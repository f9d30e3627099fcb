-- ===== src/Console/Auth.antt =====
-- Login sessions of the console, and the check against forged requests
-- (console/api/voidz_console/auth/sessions.py). Times are milliseconds.
pub mod Forgery
pub mod Cap
use voidz.Prelude.{
  ℕ, ◌+◌, ◌*◌, String, Bool, true, false, not, ◌&&◌, ◌||◌, List, [], ◌∷◌, Option, none, some, map,
  keep, take, contains, leb, ltb, if◌then◌else◌, ◌==◌, string_eq,
}
use voidz.Prelude.Result.{Result, ok, raise, http, fail_if, or_raise, ◌>>=◌, ◌>>◌}
use voidz.Prelude.Dict
use voidz.Prelude.Dict.{Dict}
use voidz.Relay.Bytes.{Text, compare_digest}

-- 30 days
abbrev pub session_ttl : ℕ
session_ttl = 30 * 86400000

abbrev pub max_sessions_per_user : ℕ
max_sessions_per_user = 100

-- What the functions read of a request: its method, the cookie of the session, and the header.
pub record Visit : Type 0 where
  pub method : String
  pub cookie : Option Text
  pub csrf : Option Text

-- A row of `sessions`, under the hash of its token.
pub record Login : Type 0 where
  pub user_id : String
  pub created_at : ℕ
  pub expires_at : ℕ

abbrev pub Logins : Type 0
Logins = Dict String Login

pub record User : Type 0 where
  pub login : Text
  pub is_admin : Bool
  pub is_disabled : Bool

-- `ORDER BY created_at DESC`; rows of the same time may come in any order, here as in the table.
unfoldable pub place_login : String × Login → Logins → Logins
place_login row [] = row ∷ []
place_login row (other ∷ rows) =
    let rest = place_login row rows in
    if leb other.1.created_at row.1.created_at then row ∷ other ∷ rows else other ∷ rest

unfoldable pub newest_first : Logins → Logins
newest_first [] = []
newest_first (row ∷ rows) = place_login row (newest_first rows)

-- The ids that the cap keeps.
unfoldable pub kept_ids : String → Logins → List String
kept_ids user_id logins =
    map (λ row. row.0)
      (take max_sessions_per_user (newest_first (keep (λ row. row.1.user_id == user_id) logins)))

unfoldable pub cap_logins : String → Logins → Logins
cap_logins user_id logins =
    let ids = kept_ids user_id logins in
    keep (λ row. not (row.1.user_id == user_id) || contains ids row.0) logins

-- A disabled user counts as none.
unfoldable pub enabled : Option User → Option User
enabled none = none
enabled (some user) = if user.is_disabled then none else some user

-- `hash` is SHA-256 of a text, and `token` is `token_urlsafe(32)`.
module _ (hash : Text → String) where
  unfoldable pub create_session : Text → String → ℕ → Logins → Text × Logins
  create_session token user_id now logins = (
    token,
    cap_logins user_id (
        Dict.put (hash token)
          (record { user_id = user_id; created_at = now; expires_at = now + session_ttl }) logins),
  )

  -- The user of a session that has not ended, by the token of the cookie.
  unfoldable pub user_of_token : Text → ℕ → Dict String User → Logins → Option User
  user_of_token token now users logins = elim (Dict.get (hash token) logins) [
    | none ↦ none
    | some login ↦ if ltb now login.expires_at then Dict.get login.user_id users else none
  ]

  unfoldable pub get_session_user : Visit → ℕ → Dict String User → Logins → Option User
  get_session_user visit now users logins = elim visit.cookie [
    | none ↦ none
    | some [] ↦ none
    | some (c ∷ cs) ↦ enabled (user_of_token (c ∷ cs) now users logins)
  ]

  unfoldable pub destroy_session : Visit → Logins → Logins
  destroy_session visit logins = elim visit.cookie [
    | none ↦ logins
    | some [] ↦ logins
    | some (c ∷ cs) ↦ Dict.remove (hash (c ∷ cs)) logins
  ]

unfoldable pub destroy_all_sessions : String → Logins → Logins
destroy_all_sessions user_id logins = keep (λ row. not (row.1.user_id == user_id)) logins

unfoldable pub require_user : Option User → Result User
require_user user = or_raise (http 401) user

unfoldable pub require_admin : Option User → Result User
require_admin user = do found ← require_user user; fail_if (not found.is_admin) (http 403); ok found

-- `x or ""`
unfoldable pub csrf_token : Option Text → Text
csrf_token none = []
csrf_token (some text) = text

-- `not header_token or not compare_digest(...)`
unfoldable pub compare_tokens : Text → Text → Result (Unit {0})
compare_tokens [] cookie = raise (http 403)
compare_tokens (c ∷ cs) cookie = do
  same ← compare_digest (c ∷ cs) cookie
  fail_if (not same) (http 403)

unfoldable pub check_csrf : Visit → Option User → Result (Unit {0})
check_csrf visit none = ok tt
check_csrf visit (some user) =
    if contains ("GET" ∷ "HEAD" ∷ "OPTIONS" ∷ []) visit.method
    then ok tt
    else compare_tokens (csrf_token visit.csrf) (csrf_token visit.cookie)
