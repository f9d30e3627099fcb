-- ===== src/Console/Auth/Cap.antt =====
-- The cap on the sessions of a user (console/api/voidz_console/auth/sessions.py).
use voidz.Prelude.{
  ℕ, ◌+◌, ◌≤◌, ◌≡◌, refl, ap, some, true, false, Bool, Bool-cases, inl, inr, String, not, ◌||◌,
  List, [], ◌∷◌, none, keep, take, contains, count_if, length, length-map, length-take, ◌==◌,
  ==_iff, string_eq, arith,
}
use voidz.Prelude.Dict
use voidz.Prelude.Dict.{Dict, Distinct, put-Distinct, get-put}
use voidz.Relay.Bytes.{Text}
use voidz.Console.Auth.{
  Login, Logins, newest_first, kept_ids, cap_logins, create_session, max_sessions_per_user,
  session_ttl,
}

count_absent :
    (id : String) (d : Logins) → Dict.get id d ≡ none → count_if (λ row. row.0 == id) d ≡ 0
unfolding count_if Dict.get
count_absent id [] h = omega arith
count_absent id ((k, row) ∷ d) h = ground (arith, h, count_absent id d)

count_key : (id : String) (d : Logins) → Distinct d → count_if (λ row. row.0 == id) d ≤ 1
unfolding count_if
count_key id [] u = omega arith
count_key id ((k, row) ∷ d) u =
    ground (arith, u.0, count_absent k d u.0, count_key id d u.1, ==_iff k id)

count_either :
    (id : String) (ids : List String) (d : Logins)
    → count_if (λ row. contains (id ∷ ids) row.0) d
      ≤ count_if (λ row. row.0 == id) d + count_if (λ row. contains ids row.0) d
unfolding count_if contains
count_either id ids [] = omega arith
count_either id ids ((k, row) ∷ d) = ground (arith, count_either id ids d, ==_iff id k, ==_iff k id)

count_none : (d : Logins) → count_if (λ row. contains [] row.0) d ≤ 0
unfolding count_if contains
count_none [] = omega arith
count_none ((k, row) ∷ d) = omega (arith, count_none d)

-- rows with different keys among a list of ids
count_listed :
    (ids : List String) (d : Logins)
    → Distinct d
    → count_if (λ row. contains ids row.0) d ≤ length ids
count_listed [] d u = count_none d
count_listed (id ∷ ids) d u =
    omega (arith, count_either id ids d, count_key id d u, count_listed ids d u)

count_capped :
    (user_id : String) (ids : List String) (d : Logins)
    → count_if
        (λ row. row.1.user_id == user_id)
        (keep (λ row. not (row.1.user_id == user_id) || contains ids row.0) d)
      ≤ count_if (λ row. contains ids row.0) d
unfolding count_if keep
count_capped user_id ids [] = omega arith
count_capped user_id ids ((k, row) ∷ d) = ground (arith, count_capped user_id ids d)

length-kept_ids :
    (user_id : String) (d : Logins) → length (kept_ids user_id d) ≤ max_sessions_per_user
unfolding kept_ids
length-kept_ids user_id d =
    let rows = newest_first (keep (λ row. row.1.user_id == user_id) d) in
    omega (
      arith,
      length-map (λ (row : String × Login). row.0) (take max_sessions_per_user rows),
      length-take max_sessions_per_user rows,
    )

-- A row that is kept is found, whatever goes before it.
get-keep :
    (p : String × Login → Bool) (k : String) (login : Login) (d : Logins)
    → Dict.get k d ≡ some login
    → p (k, login) ≡ true
    → Dict.get k (keep p d) ≡ some login
unfolding keep Dict.get
get-keep p k login [] there kept = cc
get-keep p k login ((j, row) ∷ d) there kept = elim (Bool-cases (j == k)) [
  | inl same ↦
      let is_key : j ≡ k = (==_iff j k).0 same in
      let is_row : row ≡ login = ground (arith, same, there) in
      let kept_row : p (j, row) ≡ true = rw (is_key, is_row) kept in
      rw kept_row (rw same (ap some is_row))
  | inr apart ↦
      let later = get-keep p k login d (ground (arith, apart, there)) kept in
      ground (arith, apart, later)
]

others_kept :
    (user_id k : String) (ids : List String) (login : Login) (d : Logins)
    → Dict.get k d ≡ some login
    → (login.user_id == user_id) ≡ false
    → Dict.get k (keep (λ row. not (row.1.user_id == user_id) || contains ids row.0) d) ≡ some login
others_kept user_id k ids login d there other =
    get-keep (λ row. not (row.1.user_id == user_id) || contains ids row.0) k login d there
      (rw other refl)

-- In a table with one row for a hash, after a login with a token that no session has, no more than
-- 100 sessions of the user are left, and every session of another user is as it was.
pub create_session-cap :
    (hash : Text → String) (token : Text) (user_id : String) (now : ℕ) (logins : Logins)
    → Distinct logins
    → Dict.get (hash token) logins ≡ none
    → (count_if (λ row. row.1.user_id == user_id) (create_session hash token user_id now logins).1
        ≤ max_sessions_per_user)
      × ((k : String) (other : Login)
          → Dict.get k logins ≡ some other
          → (other.user_id == user_id) ≡ false
          → Dict.get k (create_session hash token user_id now logins).1 ≡ some other)
unfolding create_session cap_logins
create_session-cap hash token user_id now logins u fresh =
    let login : Login = record {
      user_id = user_id;
      created_at = now;
      expires_at = now + session_ttl;
    } in
    let grown = Dict.put (hash token) login logins in
    let ids = kept_ids user_id grown in
    (
      omega (
        arith,
        count_capped user_id ids grown,
        count_listed ids grown (put-Distinct (hash token) login logins u),
        length-kept_ids user_id grown,
      ),
      λ k other there apart.
          others_kept user_id k ids other grown
            (ground (
              arith,
              there,
              fresh,
              ==_iff (hash token) k,
              get-put (hash token) k login logins,
              ap (λ (x : String). Dict.get x logins) {x = hash token} {y = k},
            ))
            apart,
    )
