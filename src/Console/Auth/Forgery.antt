-- ===== src/Console/Auth/Forgery.antt =====
-- A change that a user did not ask for is refused (console/api/voidz_console/auth/sessions.py).
use voidz.Prelude.{
  ◌≡◌, ◌≢◌, false, [], ◌∷◌, some, contains, ==_iff, string_eq, list_eq, nat_eq, arith,
}
use voidz.Prelude.Result.{ok}
use voidz.Relay.Bytes.{Text, compare_digest}
use voidz.Console.Auth.{Visit, User, csrf_token, compare_tokens, check_csrf}

compare_tokens-ok :
    (header cookie : Text)
    → compare_tokens header cookie ≡ ok tt
    → (header ≢ []) × (header ≡ cookie)
unfolding compare_tokens compare_digest
compare_tokens-ok [] cookie h = cc
compare_tokens-ok (c ∷ cs) cookie h = (λ e. cc, ground (arith, h, ==_iff (c ∷ cs) cookie))

-- A request of a user that may change something passes only if its header repeats the token of
-- the session cookie, which is not empty.
pub check_csrf-ok :
    (visit : Visit) (user : User)
    → contains ("GET" ∷ "HEAD" ∷ "OPTIONS" ∷ []) visit.method ≡ false
    → check_csrf visit (some user) ≡ ok tt
    → (csrf_token visit.csrf ≢ []) × (csrf_token visit.csrf ≡ csrf_token visit.cookie)
unfolding check_csrf
check_csrf-ok visit user changes passes =
    compare_tokens-ok (csrf_token visit.csrf) (csrf_token visit.cookie)
      (rw (changes, check_csrf) at passes)
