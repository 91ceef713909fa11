-- ===== src/Locks/Memory.antt =====
-- A lock store in memory, for the tests: its state gives the lock of each key.
use framework_module_resizer.Prelude.{
  ℕ, ◌+◌, String, Bool, true, false, not, ◌&&◌, Option, none, some, ◌≡◌, refl,
}
use framework_module_resizer.Database.{Reply, done}
use framework_module_resizer.Locks.Reliable.{is_done, IsReliable}
use framework_module_resizer.Locks.{
  Lock, LockStore, live, owned, lock_for, put, AcquireSpec, ExtendSpec, ReleaseSpec, IsLockStore,
}

abbrev Docs : Type 0
Docs = String → Option Lock

unfoldable pub attempt : Bool → String → Option Lock → Docs → Reply Bool × Docs
attempt true key new db = (done true, put key new db)
attempt false key new db = (done false, db)

unfoldable pub memory : LockStore (String → Option Lock)
unfolding attempt
memory = record {
  acquire = λ key owner ttl now db.
      attempt (not (live now (db key))) key (some (lock_for owner (now + ttl))) db;
  extend = λ key owner ttl now db.
      attempt (live now (db key) && owned owner (db key)) key (some (lock_for owner (now + ttl)))
        db;
  release = λ key owner db. attempt (owned owner (db key)) key none db;
}

acquire-AcquireSpec :
    (key owner : String) (ttl now : ℕ) (db : Docs) (b : Bool)
    → live now (db key) ≡ b
    → AcquireSpec key owner ttl now db
        (attempt (not b) key (some (lock_for owner (now + ttl))) db).1
        (attempt (not b) key (some (lock_for owner (now + ttl))) db).0
unfolding attempt
acquire-AcquireSpec key owner ttl now db true e = (e, λ k. refl)
acquire-AcquireSpec key owner ttl now db false e = (e, λ k. refl)

extend-ExtendSpec :
    (key owner : String) (ttl now : ℕ) (db : Docs) (b : Bool)
    → live now (db key) && owned owner (db key) ≡ b
    → ExtendSpec key owner ttl now db
        (attempt b key (some (lock_for owner (now + ttl))) db).1
        (attempt b key (some (lock_for owner (now + ttl))) db).0
unfolding attempt
extend-ExtendSpec key owner ttl now db true e = (e, λ k. refl)
extend-ExtendSpec key owner ttl now db false e = (e, λ k. refl)

release-ReleaseSpec :
    (key owner : String) (db : Docs) (b : Bool)
    → owned owner (db key) ≡ b
    → ReleaseSpec key owner db (attempt b key none db).1 (attempt b key none db).0
unfolding attempt
release-ReleaseSpec key owner db true e = (e, λ k. refl)
release-ReleaseSpec key owner db false e = (e, λ k. refl)

pub memory-IsLockStore : IsLockStore memory (λ db. db)
unfolding memory
memory-IsLockStore = record {
  acquires = λ key owner ttl now db. acquire-AcquireSpec key owner ttl now db _ refl;
  extends = λ key owner ttl now db. extend-ExtendSpec key owner ttl now db _ refl;
  releases = λ key owner db. release-ReleaseSpec key owner db _ refl;
}

attempt-is_done :
    (b : Bool) (key : String) (new : Option Lock) (db : Docs)
    → is_done (attempt b key new db).0 ≡ true
unfolding attempt
attempt-is_done true key new db = refl
attempt-is_done false key new db = refl

pub memory-IsReliable : IsReliable memory
unfolding memory
memory-IsReliable = record {
  acquires = λ key owner ttl now l. attempt-is_done _ key _ l;
  extends = λ key owner ttl now l. attempt-is_done _ key _ l;
  releases = λ key owner l. attempt-is_done _ key _ l;
}
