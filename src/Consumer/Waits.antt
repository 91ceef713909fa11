-- ===== src/Consumer/Waits.antt =====
-- consumer.ts: how long the loop and a failed task wait.
use native.Mathlib.Nat.{pow-succ', pow-le-pow_right, mul_left_comm, mul-le-mul_left, one-le-pow}
use mathlib.Core.Path.{ap}
use framework_module_resizer.Prelude.{
  ℕ, zero, suc, ◌+◌, ◌-◌, ◌*◌, ◌^◌, ◌≤◌, min, max, ◌≡◌, refl, ◌∙◌, arith,
}
use framework_module_resizer.Consumer.{QueueTiming, backoff_ms, claim_error_wait}

double : (n : ℕ) → 2 ^ (n + 1) ≡ 2 * 2 ^ n
double n = let e : n + 1 ≡ suc n = omega arith in ap (λ k. 2 ^ k) e ∙ pow-succ' 2 n

double_times : (b n : ℕ) → b * 2 ^ (n + 1) ≡ 2 * (b * 2 ^ n)
double_times b n = rw (double n, mul_left_comm b 2 (2 ^ n)) refl

backoff_at :
    (timing : QueueTiming) (n : ℕ)
    → backoff_ms (n + 1) timing ≡ min timing.backoff_max (timing.backoff_base * 2 ^ n)
unfolding backoff_ms
backoff_at timing n =
    let e : max 1 (n + 1) - 1 ≡ n = omega arith in
    ap (λ k. min timing.backoff_max (timing.backoff_base * 2 ^ k)) e

backoff_zero : (timing : QueueTiming) → backoff_ms 0 timing ≡ backoff_ms 1 timing
unfolding backoff_ms
backoff_zero timing = refl

bounded : (timing : QueueTiming) (n : ℕ) → backoff_ms n timing ≤ timing.backoff_max
unfolding backoff_ms
bounded timing n = omega arith

factor : ℕ → ℕ
factor n = min (2 ^ (n - 1)) 10

factor_at : (n : ℕ) → factor (n + 1) ≡ min (2 ^ n) 10
unfolding factor
factor_at n = let e : n + 1 - 1 ≡ n = omega arith in ap (λ k. min (2 ^ k) 10) e

factor-suc : (n : ℕ) → factor (suc n) ≡ min (2 ^ n) 10
factor-suc n = let e : suc n ≡ n + 1 = omega arith in ap factor e ∙ factor_at n

factor-zero : factor 0 ≤ 1
unfolding factor
factor-zero = omega arith

factor_grows : (n : ℕ) → factor n ≤ factor (n + 1)
factor_grows zero = rw (factor_at 0) factor-zero
factor_grows (suc n) =
    let e : suc n ≡ n + 1 = omega arith in
    rw (factor-suc n, ap (λ k. factor (k + 1)) e, factor_at (n + 1))
      (let d = double n in omega arith)

factor_bounds : (n : ℕ) → (1 ≤ factor n) × (factor n ≤ 10)
unfolding factor
factor_bounds n =
    let e : 1 ≤ 2 ^ (n - 1) = one-le-pow (n - 1) 2 (omega arith) in (omega arith, omega arith)

factor_full : (n : ℕ) → factor (n + 5) ≡ 10
factor_full n =
    let e : n + 5 ≡ n + 4 + 1 = omega arith in
    let e' : 2 ^ 4 ≤ 2 ^ (n + 4) =
      pow-le-pow_right (omega arith) {i = 4} {j = n + 4} (omega arith) in
    ap factor e ∙ factor_at (n + 4) ∙ (omega arith)

-- The delay before a retry is at first the base, then doubles with every delivery, and never exceeds
-- the maximum.
pub backoff-doubles :
    (timing : QueueTiming) (attempts : ℕ)
    → (backoff_ms 1 timing ≡ min timing.backoff_max timing.backoff_base)
      × (backoff_ms (attempts + 2) timing
          ≡ min timing.backoff_max (2 * backoff_ms (attempts + 1) timing))
      × (backoff_ms attempts timing ≤ timing.backoff_max)
      × (backoff_ms attempts timing ≤ backoff_ms (attempts + 1) timing)
backoff-doubles timing attempts = (
  rw (backoff_at timing 0) (omega arith),
  let i : attempts + 2 ≡ attempts + 1 + 1 = omega arith in
      rw (i, backoff_at timing (attempts + 1), backoff_at timing attempts)
        (let e = double_times timing.backoff_base attempts in omega arith),
  bounded timing attempts,
  grows attempts,
)
  where
    grows : (n : ℕ) → backoff_ms n timing ≤ backoff_ms (n + 1) timing
    grows zero = rw (backoff_zero timing) (omega arith)
    grows (suc n) =
        let s : suc n ≡ n + 1 = omega arith in
        rw (s, backoff_at timing n, backoff_at timing (n + 1))
          (let e = double_times timing.backoff_base n in omega arith)

-- After `n` claims in a row have failed, the loop waits at least one poll interval and at most ten,
-- never less than after fewer failures, and the full ten from the fifth failure on.
pub claim_error_wait-bounds :
    (timing : QueueTiming) (n : ℕ)
    → (timing.idle_poll_ms ≤ claim_error_wait timing n)
      × (claim_error_wait timing n ≤ 10 * timing.idle_poll_ms)
      × (claim_error_wait timing n ≤ claim_error_wait timing (n + 1))
      × (claim_error_wait timing (n + 5) ≡ 10 * timing.idle_poll_ms)
unfolding claim_error_wait factor
claim_error_wait-bounds timing n = (
  let p = mul-le-mul_left timing.idle_poll_ms (factor_bounds n).0 in omega arith,
  let p = mul-le-mul_left timing.idle_poll_ms (factor_bounds n).1 in omega arith,
  mul-le-mul_left timing.idle_poll_ms (factor_grows n),
  rw (factor_full n) (omega arith),
)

******

Look for the word "failed" in the listing above, and copy every line where you find it.

-- consumer.ts: how long the loop and a failed task wait.
-- After `n` claims in a row have failed, the loop waits at least one poll interval and at most ten,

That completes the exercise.